Unless you are using Maxwell. On our farm Hyperthreading is showing a 90-96% increase in speed depending on platform and frequency.
This would be very strange as Maxwell is a compute intensive application and normally shouldn´t gain so much by using HT. You usually find this kind of figure only in IO bound tasks where you have lots of stalls (simplified to the extreme). I assume of course that you mean the render slave efficiency, not the UI workflow as you manage a render farm.

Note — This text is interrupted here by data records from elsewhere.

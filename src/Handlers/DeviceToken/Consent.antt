-- ===== src/Handlers/DeviceToken/Consent.antt =====
-- What the device grant asks of the user before it hands out tokens.
use fake_auth.Base.{
  ℕ, ◌≤◌, String, ◌≡◌, refl, sym, ap, ◌∙◌, true, false, ◌||◌, Option, none, some, Bool-cases,
  Option-cases, inl, inr, arith, ◌==◌, or_else, after,
}
use fake_auth.Dict.{get}
use fake_auth.Dict.Range.{alive}
use fake_auth.Grants
use fake_auth.Grants.{
  DeviceCode, device_expired, clean_expired_devices, usable, get_device_code, consume_device_code,
}
use fake_auth.Grants.Device.{get-clean_expired_devices}
use fake_auth.Handlers.{Env, Draws, Config, State}
use fake_auth.Handlers.CodeExchange.Soundness.{issues_tokens}
use fake_auth.Handlers.DeviceToken.{polled, handle_device_code_token}

-- A device code that a user has approved, has not denied, and whose term has not ended.
pub record IsApproved (now : ℕ) (dc : DeviceCode) : Type 0 where
  pub approved : dc.user_authorized ≡ true
  pub undenied : dc.access_denied ≡ false
  pub unexpired : dc.expired ≡ false
  pub in_term : now ≤ dc.expires_at

usable-some :
    (now : ℕ) (swept : ℕ) (o : Option DeviceCode) (dc : DeviceCode)
    → usable now (alive (device_expired swept) o) ≡ some dc
    → (o ≡ some dc) × (dc.expired ≡ false) × (now ≤ dc.expires_at)
unfolding usable
usable-some now swept none dc h = absurd (cc h)
usable-some now swept (some other) dc h = elim (Bool-cases (device_expired swept other)) [
  | inl old ↦ absurd (cc (rw (old, usable) at h))
  | inr kept ↦ elim (Bool-cases (other.expired || after now other.expires_at)) [
    | inl late ↦ absurd (cc (rw late at rw (kept, usable) at h))
    | inr fresh ↦
        let same_code : some other ≡ some dc = rw fresh at rw (kept, usable) at h in
        let same_flag : other.expired ≡ dc.expired =
          ap (λ o. (or_else o other).expired) same_code in
        let same_term : other.expires_at ≡ dc.expires_at =
          ap (λ o. (or_else o other).expires_at) same_code in
        (same_code, sym same_flag ∙ ground arith, ground arith)
  ]
]

module _ (cfg : Config) (env : Env) (draws : Draws) (s : State) (device_code : String) where
  polled_approved :
      (g : Grants.Store) (o : Option DeviceCode)
      → issues_tokens (polled cfg env draws s device_code (g, o)).1 ≡ true
      → (dc : DeviceCode) × (o ≡ some dc) × (dc.user_authorized ≡ true) × (dc.access_denied ≡ false)
  unfolding polled
  polled_approved g none h = absurd (cc h)
  polled_approved g (some dc) h = elim (Bool-cases dc.access_denied) [
    | inl denied ↦ absurd (cc (rw denied at h))
    | inr undenied ↦ elim (Bool-cases dc.user_authorized) [
      | inl approved ↦ (dc, refl, approved, undenied)
      | inr pending ↦ absurd (cc (rw pending at rw undenied at h))
    ]
  ]

-- A device code is exchanged for tokens only if it stands in the store, in its term, and a user has
-- approved it and has not denied it.
pub device_tokens_only_if_consented :
    (cfg : Config) (env : Env) (draws : Draws) (s : State) (device_code : String)
    → issues_tokens (handle_device_code_token cfg env draws s device_code).1 ≡ true
    → (g : Grants.Store) × (s.grant_store ≡ some g)
      × (dc : DeviceCode) × (get g.devices device_code ≡ some dc)
      × IsApproved (draws.clock 1) dc
unfolding handle_device_code_token get_device_code
device_tokens_only_if_consented cfg env draws s device_code h = elim (Option-cases s.grant_store) [
  | inl unset ↦ absurd (cc (rw (unset, handle_device_code_token) at h))
  | inr (g, set) ↦ elim (Bool-cases (device_code == "")) [
    | inl empty ↦
        absurd
          (cc (rw (empty, handle_device_code_token) at rw (set, handle_device_code_token) at h))
    | inr given ↦
        let (dc, handed, approved, undenied) =
          polled_approved cfg env draws s device_code
            (get_device_code env.upper (draws.clock 0) (draws.clock 1) device_code g).0
            (get_device_code env.upper (draws.clock 0) (draws.clock 1) device_code g).1
            (rw given at rw (set, handle_device_code_token) at h) in
        let (held, unexpired, in_term) =
          usable-some (draws.clock 1) (draws.clock 0) (get g.devices device_code) dc (
            ap (usable (draws.clock 1))
              (sym (get-clean_expired_devices env.upper (draws.clock 0) g device_code))
            ∙ handed) in
        (
          g,
          set,
          dc,
          held,
          record {
            approved = approved;
            undenied = undenied;
            unexpired = unexpired;
            in_term = in_term;
          },
        )
  ]
]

Before I suggest reasons I would like to be sure. I´m certain you measured this but could you express this in seconds per task. Preferably (if you have the numbers available without HT, on a DP system and with HT enabled). These figures currently suggest a hyperthread effectiveness of about 1,4 or more which is quite rare for an optimized compute intensive task.

Did you test with Typeperf and if so do you still have the csv available?

If you don´t I could try and test it myself but as you know it takes quite some time so if you have the figures already available I would be very grateful.

Max.
By micheloupatrick
#330065
OK I did some testing with the Benchwell scene on my system (see signature), and here are the results for SL15 :

HT ON :
5m13s - Benchmark 2048

HT OFF :
6m54s - Benchmark 1550

So the difference is less then I thought, but significant anyway.
User avatar
By Mihnea Balta
#330067
Reusing execution units while a thread is waiting for data to arrive from memory pays off. HT didn't do much back when it was first introduced in Pentium 4 chips because the memory was fast enough, but latency has improved very little since then, while execution units have become significantly faster. That's why HT works today.

The same principle is used in lots of current architectures. GPUs do it too, but in a slightly different way (they run many threads in lockstep, so that hundreds of cycles pass before a thread needs to advance to the next instruction after a fetch, giving the memory time to transfer the data). The Larrabee 1 design has 4-way hyperthreading in its cores to hide L1 cache misses, and you're supposed to also run up to 10 soft fibers on each HT context to make good use of it. The Xbox 360 has 3 cores with HT. The PPC chip in the Cell is hyperthreaded. HT "cores" are not marketing cores.
By brodie_geers
#330072
micheloupatrick wrote:OK I did some testing with the Benchwell scene on my system (see signature), and here are the results for SL15 :

HT ON :
5m13s - Benchmark 2048

HT OFF :
6m54s - Benchmark 1550

So the difference is less then I thought, but significant anyway.
That sounds more reasonable. I'd love to see some more tests one this. I have a single threaded quad core but have wondered if it would be beneficial going to an i7 of similar ghz. If HT helps even 30% that's quite an improvement.

-Brodie
User avatar
By max3d
#330077
Mihnea Balta wrote:Reusing execution units while a thread is waiting for data to arrive from memory pays off. HT didn't do much back when it was first introduced in Pentium 4 chips because the memory was fast enough, but latency has improved very little since then, while execution units have become significantly faster. That's why HT works today.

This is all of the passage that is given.